Automation and artificial intelligence are proving to be key to the future of risk adjustment and value-based care. By combining the expertise of human coders, with the speed and efficiency of machine learning we will be able to maximize the outcomes from risk adjustment programs.

The shift to value-based care and risk bearing contracts has necessitated the need to find ways to improve efficiency and financial performance of risk adjustment programs. Accurate representation of a member’s clinical risk is critical to a health plan’s performance. This has heightened the necessity for a plan to have greater understanding and visibility into their members’ medical conditions, medications, etc.

Patient data being collected today is exponentially growing, and resources are limited to review all that structured and unstructured data. It is estimated that over 80 percent of this resides in silos and often in unstructured formats. Given the sheer volume of data being generated, it is virtually impossible for humans to analyze all this information and derive timely insights to help improve patient care. In the world of risk adjustment, this leads to an overreliance on large coding teams (in-house or outsourced) and data analytics teams trying to make use of data residing in silos. In addition, factors like data lags and high seasonal-volume variability makes it difficult to handle large volumes in order to meet Centers for Medicare & Medicaid Services’ (CMS) prescribed timelines. 

This is where automation and artificial intelligence (AI) are proving to be key to the future of risk adjustment and value-based care. By combining the expertise of human coders, with the speed and efficiency of machine learning (ML) we will be able to maximize the outcomes from risk adjustment programs.

AI-driven risk adjustment solutions leverages natural language processing (NLP) and deep learning (DL) to maximize code extraction and help risk-bearing entities improve care quality and financial performance. Key aspects of such a solution include:

  • Digitization of various clinical documents that includes but not limited to progress notes, hospital admissions, imaging, CT scans, EKG to maximize information extraction.
  • High-precision NLP algorithms to comb through vast amounts of unstructured text to identify relevant ICD-10 diagnosis codes and other relevant indicators to validate Dx identification for risk adjustment, etc.
  • A consolidated view of all records available for a patient, so that the coders can easily validate the recommendations from the ML/NLP output.
  • An ability to seamlessly integrate with the client’s existing application and technologies.

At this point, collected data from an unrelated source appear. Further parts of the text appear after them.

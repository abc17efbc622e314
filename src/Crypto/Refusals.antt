-- ===== src/Crypto/Refusals.antt =====
-- Every way in which a signature check of src/crypto fails, and the names of the providers.
use aether_relay.Prelude.{
  ltb, if◌then◌else◌, ℕ, String, ◌+++◌, ◌≡◌, ap, Bool, true, false, Option, none, some, List, [],
  ◌∷◌, ◌++◌,
}
use aether_relay.Prelude.Str.{as_bytes, trim, strip_prefix}
use aether_relay.Models.{Bytes}
use aether_relay.Error.{AppError, invalid_signature, Result, err, into_response}
use aether_relay.Error.Try.{◌>>=◌}
use aether_relay.Crypto.Crates.{Crates}
use aether_relay.Crypto.Headers.{HeaderMap, get, to_str, or_else}
use aether_relay.Crypto.Schemes.{
  accept_if, required, sized, verify_github, verify_generic, verify_midtrans, verify_discord,
}
use aether_relay.Crypto.Signature.{
  Provider, github, stripe, midtrans, discord, generic, verify_signature,
}
use aether_relay.Crypto.Stripe.{
  parse_header, abs_diff, signed_payload, tolerance_or_default, any_fits, check_signatures,
  verify_stripe,
}

-- A check that fails, fails as an invalid signature.
record OnlyInvalid {A : Type 0} (r : Result A) : Type 0 where
  only : (e : AppError) → r ≡ err e → e ≡ invalid_signature

accept_if_only : (b : Bool) → OnlyInvalid (accept_if b)
accept_if_only true = record { only = λ e h. cc }
accept_if_only false = record { only = λ e h. cc }

required_only :
    {A B : Type 0} (found : Option A) (next : A → Result B)
    → ((a : A) → OnlyInvalid (next a))
    → OnlyInvalid (required found >>= next)
required_only none next rest = record { only = λ e h. cc }
required_only (some a) next rest = rest a

module _ (c : Crates) where
  github_only : (secret body : Bytes) (sig : String) → OnlyInvalid (verify_github c secret body sig)
  unfolding verify_github
  github_only secret body sig = required_only (strip_prefix "sha256=" sig) _ λ hex.
      required_only (c.decode hex) _ λ expected.
        required_only (c.new_from_slice secret) _ λ accepts. accept_if_only (accepts body expected)

  generic_only :
      (secret body : Bytes) (sig : String) → OnlyInvalid (verify_generic c secret body sig)
  unfolding verify_generic
  generic_only secret body sig = required_only (c.decode (trim sig)) _ λ expected.
      required_only (c.new_from_slice secret) _ λ accepts. accept_if_only (accepts body expected)

  midtrans_only : (key : String) (body : Bytes) → OnlyInvalid (verify_midtrans c key body)
  unfolding verify_midtrans
  midtrans_only key body = required_only (c.from_slice body) _ λ member.
      required_only (member "order_id") _ λ order_id.
        required_only (member "status_code") _ λ status.
          required_only (member "gross_amount") _ λ amount.
            required_only (member "signature_key") _ λ signature. accept_if_only (
              c.ct_eq
                (as_bytes (c.encode (c.sha512 (as_bytes (order_id +++ status +++ amount +++ key)))))
                (as_bytes signature))

  discord_only :
      (key : String) (body : Bytes) (sig ts : String)
      → OnlyInvalid (verify_discord c key body sig ts)
  unfolding verify_discord
  discord_only key body sig ts = required_only (c.decode key) _ λ pk.
      required_only (c.decode sig) _ λ sb. required_only (sized 32 pk) _ λ pa.
        required_only (sized 64 sb) _ λ sa.
          required_only (c.from_bytes pa) _
            λ accepts. accept_if_only (accepts (as_bytes ts ++ body) sa)

  late_only :
      (late : Bool) (r : Result (Unit {0}))
      → OnlyInvalid r
      → OnlyInvalid (if late then err invalid_signature else r)
  late_only true r rest = record { only = λ e h. cc }
  late_only false r rest = rest

  signatures_only :
      (secret body : Bytes) (now tolerance ts : ℕ) (signatures : List String)
      → OnlyInvalid (check_signatures c secret body now tolerance ts signatures)
  signatures_only secret body now tolerance ts [] = record { only = λ e h. cc }
  signatures_only secret body now tolerance ts (s ∷ signatures) =
      late_only (ltb tolerance (abs_diff now ts)) _
        (accept_if_only (any_fits c secret (signed_payload ts body) (s ∷ signatures)))

  stripe_only :
      (secret body : Bytes) (sig : String) (tolerance : Option ℕ) (now : ℕ)
      → OnlyInvalid (verify_stripe c secret body sig tolerance now)
  unfolding verify_stripe
  stripe_only secret body sig tolerance now = required_only (parse_header sig).timestamp _ λ ts.
      signatures_only secret body now (tolerance_or_default tolerance) ts
        (parse_header sig).signatures

  signature_only :
      (provider : Provider) (secret : String) (body : Bytes) (headers : HeaderMap) (now : ℕ)
      → OnlyInvalid (verify_signature c provider secret body headers now)
  unfolding verify_signature
  signature_only github secret body headers now =
      required_only (to_str (get "x-hub-signature-256" headers)) _
        λ sig. github_only (as_bytes secret) body sig
  signature_only stripe secret body headers now =
      required_only (to_str (get "stripe-signature" headers)) _
        λ sig. stripe_only (as_bytes secret) body sig none now
  signature_only midtrans secret body headers now = midtrans_only secret body
  signature_only discord secret body headers now =
      required_only (to_str (get "x-signature-ed25519" headers)) _ λ sig.
        required_only (to_str (get "x-signature-timestamp" headers)) _
          λ ts. discord_only secret body sig ts
  signature_only generic secret body headers now =
      required_only (to_str (or_else (get "x-signature" headers) (get "signature" headers))) _
        λ sig. generic_only (as_bytes secret) body sig

  -- Whatever the provider, the secret, the body and the headers, a signature check that fails answers 401
  -- with the one message for an invalid signature, so that the answer does not tell what was wrong.
  pub verify_signature_refuses :
      (provider : Provider) (secret : String) (body : Bytes) (headers : HeaderMap) (now : ℕ)
      (e : AppError)
      → verify_signature c provider secret body headers now ≡ err e
      → into_response e ≡ into_response invalid_signature
  verify_signature_refuses provider secret body headers now e h =
      ap into_response ((signature_only provider secret body headers now).only e h)
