-- ===== src/Dispatcher.antt =====
-- src/worker/dispatcher.rs: one delivery of one event. The five numbered steps of
-- `dispatch_single_event` are functions of their own. A blocking task that panics or is cancelled is
-- left out, and so is a poisoned lock.
pub mod Settling
pub mod Fetching
pub mod Outcomes
pub mod Writes
use aether_relay.Prelude.{
  ltb, leb, ◌=?◌, if◌then◌else◌, length, ℕ, ◌+◌, String, ◌+++◌, Bool, true, false, not, ◌&&◌,
  Option, none, some, ◌∷◌,
}
use aether_relay.Prelude.Text.{decimal}
use aether_relay.Error.{database, ok}
use aether_relay.Models.{Bytes, received, delivered, failed, as_str, AttemptRow, DeadLetterRow}
use aether_relay.Breaker
use aether_relay.Breaker.{CircuitBreaker, can_attempt, record_success, record_failure}
use aether_relay.Store.{
  Reply, response, send_error, Outside, World, Act, pure, raise, call, statement, query, execute,
  now_secs, now_v7, ◌>>=◌, ◌>>◌,
}
use aether_relay.Store.Tables.{select_where, count_where}
use aether_relay.Store.Schema.{
  endpoint_is, event_is, attempt_of, update_status, insert_attempt_breaks, insert_attempt,
  replace_dead_letter_breaks, replace_dead_letter,
}

pub record DispatchResult : Type 0 where
  pub success : Bool
  pub status_code : Option ℕ
  pub error : Option String
  pub deferred : Bool

-- What the first step reads.
pub record Delivery : Type 0 where
  pub target_url : String
  pub raw_body : Bytes
  pub endpoint_id : String
  pub attempt_count : ℕ

-- `query_row` fails where no row fits.
abbrev pub one_row : {A : Type 0} → Option A → Act A
one_row none = raise (database "Query returned no rows")
one_row (some a) = pure a

abbrev pub set_breaker : String → CircuitBreaker → World → World
set_breaker endpoint_id b w = record w {
  breakers = λ id. if id =? endpoint_id then some b else w.breakers id;
}

abbrev pub or_insert : Option CircuitBreaker → ℕ → ℕ → CircuitBreaker
or_insert none failure_threshold recovery = Breaker.new failure_threshold recovery
or_insert (some b) failure_threshold recovery = b

abbrev pub deferred_result : DispatchResult
deferred_result = record {
  success = false;
  status_code = none;
  error = some "Circuit breaker OPEN";
  deferred = true;
}

-- `StatusCode::is_success`
abbrev pub is_success : ℕ → Bool
is_success status = leb 200 status && ltb status 300

-- The triple (success, status_code, error_msg), as a result.
unfoldable pub judge : Reply → DispatchResult
judge (response status) =
    if is_success status
    then record { success = true; status_code = some status; error = none; deferred = false }
    else record {
      success = false;
      status_code = some status;
      error = some ("Downstream HTTP " +++ decimal status);
      deferred = false;
    }
judge (send_error e) = record {
  success = false;
  status_code = none;
  error = some e;
  deferred = false;
}

abbrev pub reason_of : Option String → String
reason_of none = "Max attempts exceeded"
reason_of (some e) = e

abbrev pub update_breaker : Option CircuitBreaker → String → Bool → ℕ → World → World
update_breaker none endpoint_id success now w = w
update_breaker (some b) endpoint_id true now w = set_breaker endpoint_id (record_success b) w
update_breaker (some b) endpoint_id false now w = set_breaker endpoint_id (record_failure b now) w

abbrev pub attempt_row : String → String → ℕ → DispatchResult → ℕ → AttemptRow
attempt_row id event_id attempt_num r now = record {
  id = id;
  event_id = event_id;
  attempt_number = attempt_num;
  response_status = r.status_code;
  response_body = none;
  error_message = r.error;
  created_at = now;
}

abbrev pub dead_letter_row : String → String → String → DispatchResult → ℕ → DeadLetterRow
dead_letter_row id event_id endpoint_id r now = record {
  id = id;
  event_id = event_id;
  endpoint_id = endpoint_id;
  error_reason = reason_of r.error;
  last_attempt_status = r.status_code;
  created_at = now;
}

module _ (o : Outside) where
  unfoldable pub requeue_event : String → Act (Unit {0})
  requeue_event event_id = do
    call o
    execute o (update_status (event_is event_id) (as_str received))

  -- 1. Fetch event and endpoint
  unfoldable pub fetch : String → Act Delivery
  fetch event_id = do
    call o
    found ← query o (λ d. select_where (event_is event_id) d.events)
    event ← one_row found
    target ← query o (λ d. select_where (endpoint_is event.endpoint_id) d.endpoints)
    endpoint ← one_row target
    attempt_count ← query o (λ d. count_where (attempt_of event_id) d.attempts)
    pure (record {
      target_url = endpoint.target_url;
      raw_body = event.raw_body;
      endpoint_id = event.endpoint_id;
      attempt_count = attempt_count;
    })

  -- 2. Check Circuit Breaker
  unfoldable pub check_breaker : ℕ → ℕ → String → Act Bool
  check_breaker failure_threshold recovery endpoint_id w =
      let breaker = or_insert (w.breakers endpoint_id) failure_threshold recovery in
      let (admitted, breaker') = can_attempt breaker (o.instant w.instants) in
      (ok (not admitted), set_breaker endpoint_id breaker' (record w { instants = w.instants + 1 }))

  -- 3. Perform HTTP Dispatch
  unfoldable pub post : Delivery → Act DispatchResult
  post d w = (
    ok (judge (o.post (length w.sent) d.target_url d.raw_body)),
    record w { sent = (d.target_url, d.raw_body) ∷ w.sent },
  )

  -- 4. Update Circuit Breaker
  unfoldable pub report : String → Bool → Act (Unit {0})
  report endpoint_id success w = (
    ok tt,
    update_breaker (w.breakers endpoint_id) endpoint_id success (o.instant w.instants)
        (record w { instants = w.instants + 1 }),
  )

  abbrev pub park : String → String → DispatchResult → ℕ → Act (Unit {0})
  park event_id endpoint_id r now = do
    execute o (update_status (event_is event_id) (as_str failed))
    dlq_id ← now_v7 o
    let row = dead_letter_row dlq_id event_id endpoint_id r now
    statement o (replace_dead_letter_breaks row) (λ _. tt) (replace_dead_letter row)

  abbrev pub move_on : ℕ → String → String → ℕ → DispatchResult → ℕ → Act (Unit {0})
  move_on max_attempts event_id endpoint_id attempt_num r now =
      if r.success
      then execute o (update_status (event_is event_id) (as_str delivered))
      else if leb max_attempts attempt_num
      then park event_id endpoint_id r now
      else execute o (update_status (event_is event_id) (as_str received))

  -- 5. Record attempt and update event status in DB
  unfoldable pub settle : ℕ → String → String → ℕ → DispatchResult → Act (Unit {0})
  settle max_attempts event_id endpoint_id attempt_num r = do
    call o
    attempt_id ← now_v7 o
    now ← now_secs o
    let row = attempt_row attempt_id event_id attempt_num r now
    statement o (insert_attempt_breaks row) (λ _. tt) (insert_attempt row)
    move_on max_attempts event_id endpoint_id attempt_num r now

  abbrev pub deliver : ℕ → String → Delivery → Act DispatchResult
  deliver max_attempts event_id d = do
    let attempt_num = d.attempt_count + 1
    r ← post d
    report d.endpoint_id r.success
    settle max_attempts event_id d.endpoint_id attempt_num r
    pure r

  abbrev pub defer_or_deliver : Bool → ℕ → String → Delivery → Act DispatchResult
  defer_or_deliver true max_attempts event_id d = do requeue_event event_id; pure deferred_result
  defer_or_deliver false max_attempts event_id d = deliver max_attempts event_id d

  unfoldable pub dispatch_single_event : ℕ → ℕ → ℕ → String → Act DispatchResult
  dispatch_single_event failure_threshold recovery max_attempts event_id = do
    d ← fetch event_id
    circuit_open ← check_breaker failure_threshold recovery d.endpoint_id
    defer_or_deliver circuit_open max_attempts event_id d
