-- ===== src/Middleware/RateLimit.antt =====
-- internal/middleware/ratelimit.go. The log line is left out.
use cascade_proxy.Common.{
  ◌<◌, ◌≡◌, refl, true, false, List, [], arith, none, if◌then◌else◌, Text, ascii, text_eq, lookup,
}
use cascade_proxy.Http.{Header, Handler, WriteOp, Clock, Request, get, http_error}
use cascade_proxy.RateLimiter.{RateLimiter, allow, fresh}
use cascade_proxy.RateLimiter.Keys.{allow_lem}
use cascade_proxy.RateLimiter.Bounds.{take_token_grants}

abbrev pub too_many : List WriteOp
too_many = http_error (ascii "429 Too Many Requests") 429

unfoldable pub client_key : Request → Text
client_key r =
    let fwd = get (ascii "X-Forwarded-For") r.header in
    if text_eq fwd [] then r.remote_addr else fwd

module _ {W : Type 0} (clock : Clock W) where
  -- The handler that `Handler` makes. The limiter's two readings of the clock are at the same time.
  unfoldable pub handle : Handler W → Handler (RateLimiter × W)
  unfolding client_key
  handle next r h (limiter, w) =
      let (ok, limiter') = allow (clock.now w) (clock.now w) (client_key r) limiter in
      if ok
      then (let (ops, w') = next r h w in (ops, (limiter', w')))
      else (too_many, (limiter', w))

  -- A request whose X-Forwarded-For, which is not empty, names a client that the limiter has not
  -- met is served, if the burst is positive, whoever sends it: a sender that names a new client
  -- each time is not limited.
  pub new_name_served :
      (next : Handler W) (r : Request) (h : Header) (limiter : RateLimiter) (w : W) (name : Text)
      → get (ascii "X-Forwarded-For") r.header ≡ name
      → text_eq name [] ≡ false
      → lookup name limiter.buckets ≡ none
      → 0 < limiter.cfg.burst
      → ((handle next r h (limiter, w)).0 ≡ (next r h w).0)
        × ((handle next r h (limiter, w)).1.1 ≡ (next r h w).1)
  unfolding handle
  new_name_served next r h limiter w name named there unmet some_ =
      let served =
        take_token_grants limiter.cfg (clock.now w) (fresh limiter.cfg (clock.now w)) some_
          (grind arith) in
      let granted : (allow (clock.now w) (clock.now w) name limiter).0 ≡ true =
        rw ((allow_lem (clock.now w) name limiter).0, unmet) served in
      rw (named, there, granted) (refl, refl)
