-- ===== src/Middleware/Headers.antt =====
-- internal/middleware/headers.go. The function `canonicalKey` is never called and is left out.
pub mod Sent
use cascade_proxy.Common.{ℕ, Bool, true, false, List, [], ◌∷◌, ◌++◌, if◌then◌else◌, Text, Dict}
use cascade_proxy.Http.{
  Header, Handler, WriteOp, set_header, add_header, del_header, write_header, write_body, Request,
  set, del,
}

-- The maps `RequestHeaders` and `ResponseHeaders` are in the order in which `range` visits them.
pub record Config : Type 0 where
  pub request_headers : Dict Text
  pub response_headers : Dict Text
  pub remove_request_headers : List Text
  pub remove_response_headers : List Text

abbrev pub default_config : Config
default_config = record {
  request_headers = [];
  response_headers = [];
  remove_request_headers = [];
  remove_response_headers = [];
}

-- for _, key := range keys { h.Del(key) }
unfoldable pub del_all : List Text → Header → Header
del_all [] h = h
del_all (k ∷ ks) h = del_all ks (del k h)

-- for key, val := range m { h.Set(key, val) }
unfoldable pub set_all : Dict Text → Header → Header
set_all [] h = h
set_all ((k, v) ∷ m) h = set_all m (set k v h)

-- the same, on the header of the response
unfoldable pub del_ops : List Text → List WriteOp
del_ops [] = []
del_ops (k ∷ ks) = del_header k ∷ del_ops ks

unfoldable pub set_ops : Dict Text → List WriteOp
set_ops [] = []
set_ops ((k, v) ∷ m) = set_header k v ∷ set_ops m

-- applyHeaders
unfoldable pub apply_headers : Config → List WriteOp
unfolding del_ops set_ops
apply_headers cfg = del_ops cfg.remove_response_headers ++ set_ops cfg.response_headers

abbrev pub unless : Bool → List WriteOp → List WriteOp
unless written ops = if written then [] else ops

-- What the wrapped writer is told of a handler's calls; `written` is the field `headersWritten`.
unfoldable pub intercept : Config → Bool → List WriteOp → List WriteOp
unfolding apply_headers
intercept cfg written [] = []
intercept cfg written (set_header k v ∷ ops) = set_header k v ∷ intercept cfg written ops
intercept cfg written (add_header k v ∷ ops) = add_header k v ∷ intercept cfg written ops
intercept cfg written (del_header k ∷ ops) = del_header k ∷ intercept cfg written ops
intercept cfg written (write_header code ∷ ops) =
    unless written (apply_headers cfg) ++ (write_header code ∷ intercept cfg true ops)
intercept cfg written (write_body b ∷ ops) =
    unless written (apply_headers cfg) ++ (write_body b ∷ intercept cfg true ops)

-- The handler that NewHeadersMiddleware makes.
unfoldable pub handle : {W : Type 0} → Config → Handler W → Handler W
unfolding intercept set_all del_all
handle cfg next r h w =
    let header = set_all cfg.request_headers (del_all cfg.remove_request_headers r.header) in
    let (ops, w') = next (record r { header = header }) h w in (intercept cfg false ops, w')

Advanced analytics are then used to drive continuous improvement, including:

  • NLP-enabled member suspecting for better gap closure.
  • Bi-directional risk adjustment that helps minimize the risk of an audit with robust coding accuracy.
  • Derived metrics to profile coding behaviors at a provider/provider group level.
  • Leveraged insights to customize provider education and outreach.
  • Transitioning from retrospective to prospective coding.
  • Enhance care delivery.

The following are some ways to leverage AI within the framework of a payer’s operational team to derive more value for retrospective or prospective risk recapture programs:

Prioritize medical records: Using actionable information from an AI engine, the operations teams can quickly identify medical records that need most attention based on the types of diagnosis suspected.

Deep dives for members with no chronic conditions: Leveraging ML/NLP on charts where human coders and/or claims do not reveal any HCCs may increase the probability of unearthing suspect conditions that may have been missed.

Improve coding accuracy and efficiencies: In non AI-backed coding review programs, human coders perform first and second pass coding exercises. Increased quality assurance may improve risk recapture but it also introduces a second opportunity for human error and leaves you with the problem of what to do with the unmatched codes from the various passes. In an AI-driven coding review, the technology serves as the first pass coding on the medical records before a human coder reviews the output and validates it. This helps by a) reducing the manual coding effort, making it more efficient and b) providing human coders with indexed and highlighted chart. The review of NLP codes is also much faster than a traditional review.

There are numerous benefits of AI-driven solutions:

  • Machine learning in health care has unlocked the information in clinical documentation, allowing physicians to focus more on care delivery, improve patient care and reduce health care costs.
  • The ability to verify and identify medical codes at a large scale with high precision.
  • Improve the quality of services offered, due to the rising needs of the value-based care.
  • As opposed to manual coding, NLP-based coding can lower coding costs per chart and accelerate the time to value.
  • NLP can help assign patients a risk factor and use their score to predict the costs of health care.
  • Reduce the workload of medical practitioners.

To understand and analyze contextual unstructured information with high precision is still an evolving area and that’s a growing trend in the market.